Turismo lento in Vallecamonica

Per rigenerarsi, stupirsi e ritrovarsi

Se siete appassionati di turismo lento potete provare a percorrere il sentiero della Via Valeriana e la Via di Carlo Magno.

 

La Via Valeriana: un antico tracciato che abbracciava e percorreva l'intera Valle Camonica, dal Lago d'Iseo fino a Edolo, dove si biforca. Da una parte prosegue fino all’Aprica, dall’altra invece porta fino al passo del Tonale, collegando la Valle Camonica con la provincia di Sondrio e con il Trentino.

Oggi questo itinerario ripercorre l'antica strada, probabilmente realizzata dal generale Gaio Publio Licinio Valeriano che, trovandosi nel 253 d.C. nella Rezia, antica regione che abbracciava parti di Svizzera, Austria, Trentino-Alto Adige e Lombardia, aveva necessità di una via che permettesse un veloce spostamento dall’Italia fino ai bacini del Reno e del Danubio per radunare le truppe romane. 
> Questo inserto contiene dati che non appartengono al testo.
-- ===== src/Tracker/Beacon/Numbers.antt =====
-- The requests of a hit are numbered one after the other.
use demolition_app.Base.{
  ℕ, suc, ◌+◌, ◌≡◌, refl, sym, ◌∙◌, ◌==◌, Bool, true, false, not, ◌||◌, if_cases, if_elim, subst,
  String, List, [], ◌∷◌, length, length-append, arith,
}
use demolition_app.Tracker.Visit.{HitType, page, event, var, trans, social, feedback}
use demolition_app.Tracker.Beacon.{
  count_hit, Sent, one, then_send, send_items, send_orders, plain_query, item_query, order_query,
  unless_local, requests,
}
use demolition_app.Tracker.Request.{Query, Item, Order, Sender}

module _ (print : ℕ → String) (encode trim : String → String) where
  -- As many hits were counted as there are requests, and the mode is the same.
  record IsCounted (s : Sender) (a : Sent print encode trim) : Type 0 where
    hits : a.sender.hits ≡ s.hits + length a.queries
    mode : a.sender.mode ≡ s.mode

  -- The hits of these are counted.
  abbrev pub Counts : Bool → ℕ → Type 0
  Counts local mode = local || not (mode == 2) ≡ true

  count_hit-hits :
      (local : Bool) (s : Sender) → Counts local s.mode → (count_hit local s).hits ≡ suc s.hits
  unfolding count_hit
  count_hit-hits local s h =
      if_cases (λ (t : Sender). t.hits ≡ suc s.hits) (local || not (s.mode == 2)) _ _ (λ _. refl)
        (λ e. absurd (ground (arith, h, e)))

  count_hit-mode : (local : Bool) (s : Sender) → (count_hit local s).mode ≡ s.mode
  unfolding count_hit
  count_hit-mode local s =
      if_elim (λ (t : Sender). t.mode ≡ s.mode) (local || not (s.mode == 2)) _ _ refl refl

  one-IsCounted :
      (local : Bool) (query : Sender → Query) (s : Sender)
      → Counts local s.mode
      → IsCounted s (one print encode trim local query s)
  unfolding one
  one-IsCounted local query s h = record {
    hits = omega (arith, count_hit-hits local s h);
    mode = count_hit-mode local s;
  }

  then_send-IsCounted :
      (s : Sender) (a b : Sent print encode trim)
      → IsCounted s a
      → IsCounted a.sender b
      → IsCounted s (then_send print encode trim a b)
  unfolding then_send
  then_send-IsCounted s a b h k = record {
    hits = omega (arith, h.hits, k.hits, length-append a.queries b.queries);
    mode = k.mode ∙ h.mode;
  }

  Counts-after :
      (local : Bool) (s : Sender) (a : Sent print encode trim)
      → IsCounted s a
      → Counts local s.mode
      → Counts local a.sender.mode
  Counts-after local s a k h = subst (Counts local) (sym k.mode) h

  send_items-IsCounted :
      (is : List Item) (local : Bool) (s : Sender)
      → Counts local s.mode
      → IsCounted s (send_items print encode trim local is s)
  unfolding send_items
  send_items-IsCounted [] local s h = record { hits = omega arith; mode = refl }
  send_items-IsCounted (i ∷ is) local s h =
      let a = one print encode trim local (item_query print encode trim local i) s in
      let k = one-IsCounted local (item_query print encode trim local i) s h in
      then_send-IsCounted s a (send_items print encode trim local is a.sender) k
        (send_items-IsCounted is local a.sender (Counts-after local s a k h))

  send_orders-IsCounted :
      (os : List Order) (local : Bool) (s : Sender)
      → Counts local s.mode
      → IsCounted s (send_orders print encode trim local os s)
  unfolding send_orders
  send_orders-IsCounted [] local s h = record { hits = omega arith; mode = refl }
  send_orders-IsCounted (o ∷ os) local s h =
      let a = one print encode trim local (order_query print encode trim local o) s in
      let k = one-IsCounted local (order_query print encode trim local o) s h in
      let b = send_items print encode trim local o.items a.sender in
      let ha = Counts-after local s a k h in
      let m = send_items-IsCounted o.items local a.sender ha in
      then_send-IsCounted s a _ k (
        then_send-IsCounted a.sender b (send_orders print encode trim local os b.sender) m
          (send_orders-IsCounted os local b.sender (Counts-after local a.sender b m ha)))

  unless_local-IsCounted :
      (local : Bool) (a : Sent print encode trim) (s : Sender)
      → IsCounted s a
      → IsCounted s (unless_local print encode trim local a s)
  unfolding unless_local
  unless_local-IsCounted true a s k = record { hits = omega arith; mode = refl }
  unless_local-IsCounted false a s k = k

  requests-IsCounted :
      (type : HitType) (local : Bool) (s : Sender)
      → Counts local s.mode
      → IsCounted s (requests print encode trim local type s)
  unfolding requests
  requests-IsCounted trans local s h = send_orders-IsCounted s.orders local s h
  requests-IsCounted social local s h =
      unless_local-IsCounted local _ s
        (one-IsCounted local (plain_query print encode trim social local) s h)
  requests-IsCounted feedback local s h =
      unless_local-IsCounted local _ s
        (one-IsCounted local (plain_query print encode trim feedback local) s h)
  requests-IsCounted page local s h =
      one-IsCounted local (plain_query print encode trim page local) s h
  requests-IsCounted event local s h =
      one-IsCounted local (plain_query print encode trim event local) s h
  requests-IsCounted var local s h =
      one-IsCounted local (plain_query print encode trim var local) s h

  -- Where the hits of a request are counted, a hit of any type counts as many as it sends requests,
  -- also where these are of several orders and their items.
  pub requests-hits :
      (type : HitType) (local : Bool) (s : Sender)
      → Counts local s.mode
      → (requests print encode trim local type s).sender.hits
        ≡ s.hits + length (requests print encode trim local type s).queries
  requests-hits type local s h = (requests-IsCounted type local s h).hits
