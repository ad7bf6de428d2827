-- ===== src/Tracker/Beacon/Examples.antt =====
-- An order of two items, after five hits.
use demolition_app.Base.{◌+◌, ◌≡◌, refl, true, false, none, [], ◌∷◌, length}
use demolition_app.Tracker.Visit.{trans}
use demolition_app.Tracker.Beacon.{requests}
use demolition_app.Tracker.Beacon.Numbers.{requests-hits}
use demolition_app.Tracker.Request.{Item, Order, Client, Sender}

abbrev cap : Item
cap = record {
  trans_id = "7";
  sku = "c1";
  name = "cap";
  category = "";
  price = "5";
  quantity = "1";
}

abbrev order : Order
order = record {
  id = "7";
  affiliation = "";
  total = "12";
  tax = "0";
  shipping = "2";
  city = "Ithaca";
  state = "NY";
  country = "USA";
  items = cap ∷ record cap { sku = "c2" } ∷ [];
}

abbrev client : Client
client = record {
  charset = "UTF-8";
  screen = "800x600";
  viewport = "";
  colors = "24-bit";
  language = "en-us";
  java = "0";
  flash = "-";
}

abbrev sender : Sender
sender = record {
  hits = 5;
  mode = 1;
  host = "example.com";
  rate = "100";
  random = "4";
  time = "1000";
  account = "UA-1-1";
  experiment = "";
  quiet = false;
  container = "";
  dev_ids = [];
  cookies = ("__utma", "1.7.3.4.5.3") ∷ [];
  anonymous = false;
  join_id = none;
  redirect = "0";
  several = false;
  flags = "q~";
  groups = [];
  tells_client = true;
  client = client;
  tells_title = true;
  title = "Shop";
  page_id = "9";
  referrer = "-";
  path = "/shop";
  extension = none;
  currency = "";
  orders = order ∷ [];
  network = "";
  deed = "";
  target = "";
  feedback_id = "";
  feedback_text = "";
}

requests-hits_example :
    (requests (λ n. "n") (λ s. s) (λ s. s) false trans sender).sender.hits
    ≡ 5 + length (requests (λ n. "n") (λ s. s) (λ s. s) false trans sender).queries
requests-hits_example = requests-hits (λ n. "n") (λ s. s) (λ s. s) trans false sender refl
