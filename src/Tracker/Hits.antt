-- ===== src/Tracker/Hits.antt =====
-- What a tracker `U` keeps: the hits that a page makes, and the fields that its calls set.
use demolition_app.Base.{ℕ, ◌==◌, Bool, true, false, String, str_eq, Option, List}
use demolition_app.Base.Int.{ℤ, pos, negsuc}

-- An argument: undefined or null, a text, an integer, -Infinity, or something else.
pub data Arg : Type 0 where
  missing minus_infinity other : Arg
  text : String → Arg
  whole : ℤ → Arg

-- `wd`
abbrev pub is_text : Arg → Bool
is_text a = elim a [ text s ↦ true | _ ↦ false ]

-- `xd`, which refuses Infinity only where it is positive.
abbrev pub is_whole : Arg → Bool
is_whole a = elim a [ whole n ↦ true | minus_infinity ↦ true | _ ↦ false ]

abbrev pub is_missing : Arg → Bool
is_missing a = elim a [ missing ↦ true | _ ↦ false ]

-- `"" == a`: the number 0 is equal to the empty text.
abbrev pub is_empty : Arg → Bool
is_empty a = elim a [
  | text s ↦ str_eq s ""
  | whole n ↦ elim n [ pos k ↦ k == 0 | negsuc k ↦ false ]
  | _ ↦ false
]

-- The number of a custom variable, where one that is negative is 0; or the text under which it is kept
-- where that is no number, as "undefined" is.
pub data Slot : Type 0 where
  numbered : ℕ → Slot
  named : String → Slot

-- A custom variable, with 1 for the visitor, 2 for the visit and 3 for the page.
pub record CustomVar : Type 0 where
  pub name : String
  pub value : String
  pub scope : ℕ

-- `wc`, `xc`, `yc`, `zc` and `vc`
pub record EventHit : Type 0 where
  pub category : Arg
  pub action : Arg
  pub label : Arg
  pub value : Arg
  pub quiet : Bool

-- `Ac`, `Bc` and `Cc`, with the page that the hit is of
pub record SocialHit : Type 0 where
  pub network : String
  pub deed : String
  pub target : String
  pub page : Option String

-- A timing: the category, the variable, the time, and the label.
pub record Timing : Type 0 where
  pub group : Arg
  pub timed : Arg
  pub time : ℕ
  pub note : Arg

pub data Hit : Type 0 where
  page_hit : Option String → Hit
  event_hit : EventHit → Hit
  extension_hit : String → Hit
  timing_hit : Timing → Hit
  social_hit : SocialHit → Hit
  trans_hit : Hit
  var_hit : Hit

-- `Q`, the number of the visitor; `Wa`, `$a`, `Ya`; `bb`, `P`; `vb`, `Dc`, `Ec`; `yb`, `fb`, `gb`, `hb`;
-- `zb`, `Ab`, `Bb`; `Fb` by number and by other texts; `Fc` by number; `Ic`; `Tb`; the listeners of "hit" and "load"; `H`; the
-- page where it is set for all hits; what was handed to the filters, the newest first.
pub record Tracker : Type 0 where
  pub visitor : ℕ
  pub account : String
  pub name : String
  pub namespace : String
  pub domain : String
  pub path : String
  pub sample_rate : ℕ
  pub speed_rate : ℕ
  pub max_vars : ℕ
  pub allow_linker : Bool
  pub allow_anchor : Bool
  pub allow_hash : Bool
  pub engines : List (List String)
  pub ignored_words : List String
  pub ignored_sites : List String
  pub vars : ℕ → Option CustomVar
  pub named_vars : String → Option CustomVar
  pub page_groups : ℕ → Option String
  pub dev_ids : List String
  pub user_var : String
  pub on_hit : List ℕ
  pub on_load : List ℕ
  pub last_page : Option String
  pub page : Option String
  pub hits : List Hit
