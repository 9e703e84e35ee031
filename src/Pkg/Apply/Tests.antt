-- ===== src/Pkg/Apply/Tests.antt =====
-- Unpacking a plan with a cycle (src/pkg_plan.c).
use mathlib.Core.Path.{subst}
use mathlib.Core.Option.{some-injective, none-ne-some}
use guppy.Prelude.{
  ℕ, zero, suc, ◌≡◌, inl, inr, refl, sym, ap, Bool, true, false, Option, none, some, arith, List,
  [], ◌∷◌,
}
use guppy.Ascii.{Bytes, codes}
use guppy.Pkg.Repo.{PkgRepoEntry}
use guppy.Pkg.Tarjan.{build_components, tarjan_all, tarjan, tarjan_edges, close, assign, pop_until}
use guppy.Pkg.Apply.{
  Components, members_at, entry_path, apply_plan, apply_component, apply_rest, follow_members,
  follow_edges, install_members,
}
use guppy.Pkg.Apply.Order.{Has, AllInstalled, Ordered, IsCondensed}
use guppy.Pkg.Apply.Whole.{apply_plan-Ordered}
use guppy.Pkg.Apply.Succeeds.{Unpacks, apply_plan-ok}

-- Package 0 depends on 1 and 2, which depend on each other.
abbrev edges : List (ℕ × ℕ)
edges = (0, 1) ∷ (1, 2) ∷ (2, 1) ∷ []

abbrev part_of : ℕ → Option ℕ
part_of zero = some 1
part_of (suc zero) = some 0
part_of (suc (suc zero)) = some 0
part_of (suc (suc (suc i))) = none

abbrev parts : Components
parts = record { comp = (2 ∷ 1 ∷ []) ∷ (0 ∷ []) ∷ []; component = part_of }

parts_comp : (build_components 3 edges).comp ≡ parts.comp
unfolding build_components tarjan_all tarjan tarjan_edges close assign pop_until
parts_comp = refl

abbrev entry : ℕ → PkgRepoEntry
entry i = record {
  package_name = codes "p";
  version = codes "1";
  depends = [];
  pre_depends = [];
  repo_root = codes "/repo";
  filename = codes "p.deb";
}

abbrev takes : List ℕ → Bytes → Bool
takes calls path = true

abbrev absent : ℕ → Bool
absent i = false

abbrev Member : (b ci : ℕ) → Type 0
Member b ci = (ns : List ℕ) × (members_at ci parts.comp ≡ some ns) × Has b ns

has_member : (b ci : ℕ) → part_of b ≡ some ci → Member b ci
has_member zero ci e = subst (Member 0) (some-injective 1 ci e) (0 ∷ [], refl, inl refl)
has_member (suc zero) ci e =
    subst (Member 1) (some-injective 0 ci e) (2 ∷ 1 ∷ [], refl, inr (inl refl))
has_member (suc (suc zero)) ci e =
    subst (Member 2) (some-injective 0 ci e) (2 ∷ 1 ∷ [], refl, inl refl)
has_member (suc (suc (suc i))) ci e = absurd (none-ne-some ci e)

cycle_member : (n : ℕ) → Has n (2 ∷ 1 ∷ []) → part_of n ≡ some 0
cycle_member n (inl e) = ap part_of e
cycle_member n (inr (inl e)) = ap part_of e
cycle_member n (inr (inr h)) = absurd h

root_member : (n : ℕ) → Has n (0 ∷ []) → part_of n ≡ some 1
root_member n (inl e) = ap part_of e
root_member n (inr h) = absurd h

member_of :
    (ci n : ℕ) (ns : List ℕ) → members_at ci parts.comp ≡ some ns → Has n ns → part_of n ≡ some ci
member_of zero n ns m h = cycle_member n (subst (Has n) (sym (some-injective _ ns m)) h)
member_of (suc zero) n ns m h = root_member n (subst (Has n) (sym (some-injective _ ns m)) h)
member_of (suc (suc i)) n ns m h = absurd (none-ne-some ns m)

parts-IsCondensed : IsCondensed parts edges
parts-IsCondensed = record {
  edge_back = (
    λ ca e. (0, refl, omega arith),
    (λ ca e. (0, refl, omega arith), (λ ca e. (0, refl, omega arith), tt)),
  );
  has_member = has_member;
  member_of = member_of;
}

all_taken : (n : ℕ) → Unpacks takes (entry_path (entry n) 1400)
unfolding entry_path
all_taken n = λ calls. refl

apply_plan-ok_example : (apply_plan entry edges parts takes 0 absent).1 ≡ true
apply_plan-ok_example = apply_plan-ok entry edges parts takes all_taken parts-IsCondensed 0 absent

unpacked : (apply_plan entry edges parts takes 0 absent).1 ≡ true
unfolding apply_plan apply_component apply_rest follow_members follow_edges install_members
    entry_path
unpacked = refl

-- The cycle is unpacked first.
in_order : (apply_plan entry edges parts takes 0 absent).0.calls ≡ 2 ∷ 1 ∷ 0 ∷ []
unfolding apply_plan apply_component apply_rest follow_members follow_edges install_members
    entry_path
in_order = refl

apply_plan-Ordered_example :
    Ordered parts absent edges (apply_plan entry edges parts takes 0 absent).0.calls
    × ((ci : ℕ) (ns : List ℕ)
        → members_at ci parts.comp ≡ some ns
        → AllInstalled (apply_plan entry edges parts takes 0 absent).0.installed ns)
apply_plan-Ordered_example =
    apply_plan-Ordered entry edges parts takes absent parts-IsCondensed 0 unpacked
Importante crocevia per le comunicazioni tra la pianura padana e la Valle fino alla Rezia, non è però menzionata nei documenti romani. Per questo, eccetto il nome, mancano le evidenze archeologiche che possano contribuire ad accertarne l’origine romana. Alcuni studiosi ritengono infatti che questa strada risalga al periodo medioevale e che il suo nome derivi da “Vallesiana”, cioè "strada di Valle". Riutilizzata nei secoli, divenne nel Medioevo un’importante via di commercio e di trasporto di ferro e pietra estratti dalle montagne della Valle e, successivamente, un passaggio per i pellegrini.

Mentre sulle orme di Carlo Magno in Valle Camonica...
Immaginate di seguire le vestigia di Carlo Magno fra castelli e chiese medievali, lungo un percorso, narrato dalla leggenda, che attraversa i borghi camuni teatro di antiche gesta... 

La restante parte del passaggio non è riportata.